Besides the five discriminative models, the identification accuracy of the proposed POHMM/HMM model was also compared with the generative models HMM, POHMM, naïve Bayes, Gaussian mixture model (GMM), and Bayesian Gaussian mixture model (BGMM). To train/test HMM and POHMM, the procedures described in [
13] were followed. For the naïve Bayes classifier, the GaussianNB class with default parameters was used from scikit-learn. For GMM and BGMM, the GaussianMixture class and BayesianGaussianMixture class were used, respectively, with a maximum of 100 iterations.
3.1.5. Model Training and Testing
A keystroke biometric system’s performance is evaluated by how correctly the model can differentiate real users from attackers. The classification accuracy (ACC) is measured for model testing and evaluation purposes. Identification of the POHMM/SVM, POHMM/k-NN, POHMM/random forest, POHMM/MLP NN, and POHMM/logistic regression was performed as follows: key-hold time and key-press latency (KPL)/down-down features were extracted from the CMU data set. The POHMM model was trained with the 21 dimensional feature vector for each sample, and POHMM parameters were collected. There are two types of parameters extracted from POHMM: emission parameters and transition parameters.
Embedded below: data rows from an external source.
-- ===== src/Netrom/Tests.antt =====
-- Broadcasts of concrete nodes.
use linuxax.Prelude.{
  ◌≤◌, ◌↔◌, same, ℕ, ◌+◌, ◌*◌, ◌≡◌, refl, true, List, [], ◌∷◌, ◌++◌, some, map, length, All, arith,
}
use linuxax.Address.{ax25_cmp, strspn, unlike}
use linuxax.Address.Text.{ax25_ntoa, ax25_aton_entry, aton_name, aton_ssid, blanks}
use linuxax.Netrom.{NeighLine, NodeLine, Entry, pad}
use linuxax.Netrom.Mine.{PortLine, build_mine, IsFurther, Sends, build_mine-Sends_iff}
use linuxax.Netrom.Entries.{FitsMnemonic, payload}
use linuxax.Netrom.Transmit.{build_others}
use linuxax.Netrom.Transmit.Told.{told}
use linuxax.Netrom.Transmit.Chunks.{message_of, flatten, IsChunk, build_others-Sends}
use linuxax.Netrom.Receive.{
  Port, validcallsign, valid_chars, validmnemonic, is_mnemonic_char, add_node, skipped,
  port_quality, receive_nodes,
}
use linuxax.Netrom.Receive.Learnt.{own_route, learnt}
use linuxax.Netrom.Exchange.{FitsLine, receive_nodes-build_others}

-- ABC, and the same as an address.
abbrev abc : List ℕ
abc = 0x41 ∷ 0x42 ∷ 0x43 ∷ []

abbrev abc_call : List ℕ
abc_call = 0x82 ∷ 0x84 ∷ 0x86 ∷ 0x40 ∷ 0x40 ∷ 0x40 ∷ 0 ∷ []

abbrev xyz_call : List ℕ
xyz_call = 0xb0 ∷ 0xb2 ∷ 0xb4 ∷ 0x40 ∷ 0x40 ∷ 0x40 ∷ 0 ∷ []

abbrev neighbours : List NeighLine
neighbours = record { number = 1; callsign = abc; device = 0x61 ∷ []; qual = 200; lock = 0 } ∷ []

-- One node that is told, and one that is not heard often enough.
abbrev nodes : List NodeLine
nodes =
    record { callsign = abc; mnemonic = 0x2a ∷ []; quality = 192; obs_count = 5; neigh_no = 1 }
    ∷ record { callsign = abc; mnemonic = abc; quality = 10; obs_count = 1; neigh_no = 1 }
    ∷ []

abbrev channel : Port
channel = record { device = 0x61 ∷ []; default_qual = 192; worst_qual = 3 }

abc_fits : FitsMnemonic abc
abc_fits = record { plain = (refl, (refl, (refl, tt))); few = omega arith }

nodes_fit : All FitsLine nodes
nodes_fit = (
  record { mnemonic = record { plain = (refl, tt); few = omega arith }; quality = omega arith },
  (record { mnemonic = abc_fits; quality = omega arith }, tt),
)

abc_valid : validcallsign abc_call ≡ true
unfolding validcallsign valid_chars
abc_valid = refl

build_others-Sends_example :
    (chunks : List (List Entry)) × (build_others abc 3 neighbours nodes
      ≡ some (map (message_of abc) chunks))
    × (flatten chunks ≡ told 3 neighbours nodes)
    × All IsChunk chunks
build_others-Sends_example = build_others-Sends abc 3 neighbours nodes

receive_nodes-build_others_example :
    (chunks : List (List Entry)) × (build_others abc 3 neighbours nodes
      ≡ some (map (message_of abc) chunks))
    × (flatten chunks ≡ told 3 neighbours nodes)
    × All
        (λ (es : List Entry).
          receive_nodes true xyz_call
            (λ asked r. true)
            channel
            6
            neighbours
            ((pad abc ++ payload es) ++ (7 ∷ []))
            (6 + 21 * length es)
            abc_call
          ≡ some (
              own_route true xyz_call channel 6 neighbours abc abc_call
              ++ learnt true xyz_call channel abc_call
                  (port_quality channel (ax25_ntoa abc_call) neighbours)
                  6
                  es))
        chunks
receive_nodes-build_others_example =
    receive_nodes-build_others abc 3 neighbours nodes true xyz_call channel (λ asked r. true) 6
      neighbours abc_call (7 ∷ []) abc_fits nodes_fit (λ asked r. refl) abc_valid

-- A port of its own, with the address ABC, where the first port is XYZ.
abbrev abc_port : PortLine
abc_port = record { addr = some abc; alias = abc }

abbrev xyz : List ℕ
xyz = 0x58 ∷ 0x59 ∷ 0x5a ∷ []

abc_read : ax25_aton_entry abc ≡ some abc_call
unfolding ax25_aton_entry aton_name aton_ssid blanks
abc_read = refl

xyz_read : ax25_aton_entry xyz ≡ some xyz_call
unfolding ax25_aton_entry aton_name aton_ssid blanks
xyz_read = refl

abc_port-IsFurther : IsFurther xyz abc_port
unfolding same
abc_port-IsFurther = record {
  name = abc;
  call = abc_call;
  named = refl;
  other = refl;
  read = abc_read;
  short = omega arith;
}

build_mine-Sends_iff_example :
    Sends xyz (build_mine abc xyz 192 (abc_port ∷ abc_port ∷ [])) ↔ (2 ≤ 4)
build_mine-Sends_iff_example =
    build_mine-Sends_iff xyz xyz_call xyz_read 192 abc (abc_port ∷ abc_port ∷ []) (omega arith)
      (abc_port-IsFurther, (abc_port-IsFurther, tt))

abbrev heard : Entry
heard = record {
  callsign = xyz_call;
  mnemonic = abc;
  best_neighbour = abc_call;
  best_quality = 128;
}

-- A node that the sender reaches through this station is passed over.
route_back :
    add_node true abc_call (λ asked r. true) channel xyz_call 192 6 heard [] ≡ (skipped, [])
unfolding add_node validcallsign valid_chars validmnemonic strspn is_mnemonic_char ax25_cmp unlike
route_back = refl
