-- ===== src/Rip.antt =====
-- ax25tools/tcpip/rip98d.c, rip98r.c and rip98t.c: the routes that are told to other routers, and
-- those that are learnt from them. Addresses are in the host's order, an `unsigned int` is a number
-- below 2 ^ 32. A read out of a buffer, and a shift by more than 32 bits, is `none`.
pub mod Masks
pub mod Message
pub mod Transmit
pub mod Receive
mod Tests
use linuxax.Prelude.{
  ℕ, zero, suc, ◌+◌, ◌-◌, ◌*◌, ◌/◌, ◌%◌, ◌^◌, bit_and, Bool, true, false, not, ◌&&◌, ◌||◌, List, [],
  ◌∷◌, ◌++◌, Option, none, some, ◌==◌, ltb, leb, if◌then◌else◌, length, get_elem?,
}
use linuxax.Ipd.Frame.{◌>>=◌}

-- `RIPCMD_RESPONSE`, `RIP_VERSION_98`, `RIP98_INFINITY`, `RIP98_HEADER` and `RIP98_ENTRY`
abbrev pub ripcmd_response : ℕ
ripcmd_response = 2

abbrev pub rip_version_98 : ℕ
rip_version_98 = 98

abbrev pub rip98_infinity : ℕ
rip98_infinity = 16

abbrev pub rip98_header : ℕ
rip98_header = 4

abbrev pub rip98_entry : ℕ
rip98_entry = 6

-- `ORIG_ROUTE`, `FIXED_ROUTE`, `NEW_ROUTE` and `DEL_ROUTE`
pub data Action : Type 0 where
  orig_route fixed_route new_route del_route : Action

pub record Route : Type 0 where
  pub addr : ℕ
  pub bits : ℕ
  pub metric : ℕ
  pub action : Action

pub is_deleted : Action → Bool
is_deleted del_route = true
is_deleted _ = false

pub bits2mask : ℕ → Option ℕ
bits2mask bits =
    if bits == 0 then some 0 else if leb bits 32 then some (2 ^ 32 - 2 ^ (32 - bits)) else none

-- `__builtin_clz` of a word of `width` bits, which is not 0.
pub leading_zeros : ℕ → ℕ → ℕ
leading_zeros zero x = 0
leading_zeros (suc width) x =
    let rest = leading_zeros width x in if leb (2 ^ width) x then 0 else suc rest

pub mask2bits : ℕ → ℕ
unfolding leading_zeros
mask2bits mask =
    let inverse = 2 ^ 32 - 1 - mask in if inverse == 0 then 32 else leading_zeros 32 inverse

-- `build_header`
pub build_header : List ℕ
build_header = ripcmd_response ∷ rip_version_98 ∷ 0 ∷ 0 ∷ []

-- One entry of a message: the address in network order, and two bytes.
pub put_entry : Route → List ℕ
put_entry r =
    r.addr / 2 ^ 24 % 256
    ∷ r.addr / 2 ^ 16 % 256
    ∷ r.addr / 2 ^ 8 % 256
    ∷ r.addr % 256
    ∷ r.bits % 256
    ∷ r.metric % 256
    ∷ []

-- The six bytes at `p`.
pub get_entry : List ℕ → ℕ → Option (ℕ × ℕ × ℕ)
get_entry message p = do
  a ← get_elem? message p
  b ← get_elem? message (p + 1)
  c ← get_elem? message (p + 2)
  d ← get_elem? message (p + 3)
  bits ← get_elem? message (p + 4)
  metric ← get_elem? message (p + 5)
  some (a * 2 ^ 24 + b * 2 ^ 16 + c * 2 ^ 8 + d, bits, metric)
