-- ===== src/Rip/Masks.antt =====
-- A number of bits and the mask with these bits set.
use linuxax.Prelude.{ℕ, ◌≤◌, ◌≡◌, refl, true, ◌==◌, ==_iff, some, arith, Option, none}
use linuxax.Prelude.{Bool, false}
use linuxax.Prelude.Bits.{all_below, all_below_sound}
use linuxax.Rip.{bits2mask, leading_zeros, mask2bits}

abbrev survives : ℕ → Bool
survives bits = elim (bits2mask bits) [ none ↦ false | some mask ↦ mask2bits mask == bits ]

table : all_below 33 survives ≡ true
unfolding all_below bits2mask mask2bits leading_zeros
table = refl

-- For every prefix length up to 32 bits there is a mask, and its prefix length is the same.
pub mask2bits-bits2mask :
    (bits : ℕ) → bits ≤ 32 → (mask : ℕ) × (bits2mask bits ≡ some mask) × (mask2bits mask ≡ bits)
mask2bits-bits2mask bits h = go (bits2mask bits) refl
  where
    all : survives bits ≡ true
    all = all_below_sound 33 survives bits (omega arith) table

    go :
        (o : Option ℕ)
        → bits2mask bits ≡ o
        → (mask : ℕ) × (bits2mask bits ≡ some mask) × (mask2bits mask ≡ bits)
    go none e = absurd (let bad = rw (e, survives) at all in cc)
    go (some mask) e = (mask, e, (==_iff _ _).0 (rw (e, survives) at all))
The parameters are then split for training and testing data sets. Stratified
k-fold cross-validation (SCV) is used to split data that randomly selects training and testing data sets. Stratified
k-fold cross-validation provides training/testing indices to split data into training/testing sets. In
k-fold cross-validation, the data set is partitioned into
k equal subsets. Each datum of the
k subset is used for the testing set, and the remaining (
k − 1) subsets are used for the training set. The cross-validation object StratifiedKFold is the variation of KFold that returns stratified folds, i.e., the fold preserves the percentage of samples for each class. The accuracy of each fold is determined and average accuracy of
k-fold determined for overall accuracy. An example of stratified fourfold cross-validation is shown in
Figure 4.
By training multiclass linear SVM with the training parameters, a system of N models is created. For an unknown testing sample, the highest-likelihood class label is predicted. Finally, the accuracy score is determined for testing labels and data. The same evaluation procedure was followed for POHMM/k-NN, POHMM/random forest, POHMM/MLP NN, and POHMM/logistic regression, where the POHMM’s parameters were used as features, and k-NN, random forest, and logistic regression were used as classifiers. We also evaluated the identification performance of k-NN, random forest, logistic regression, SVM (kernel = linear), SVM (kernel = RBF), MLP NN, and naïve Bayes on the CMU keystroke data set. Instead of POHMM’s parameters, dwell time and flight time were used as features to train and test the models.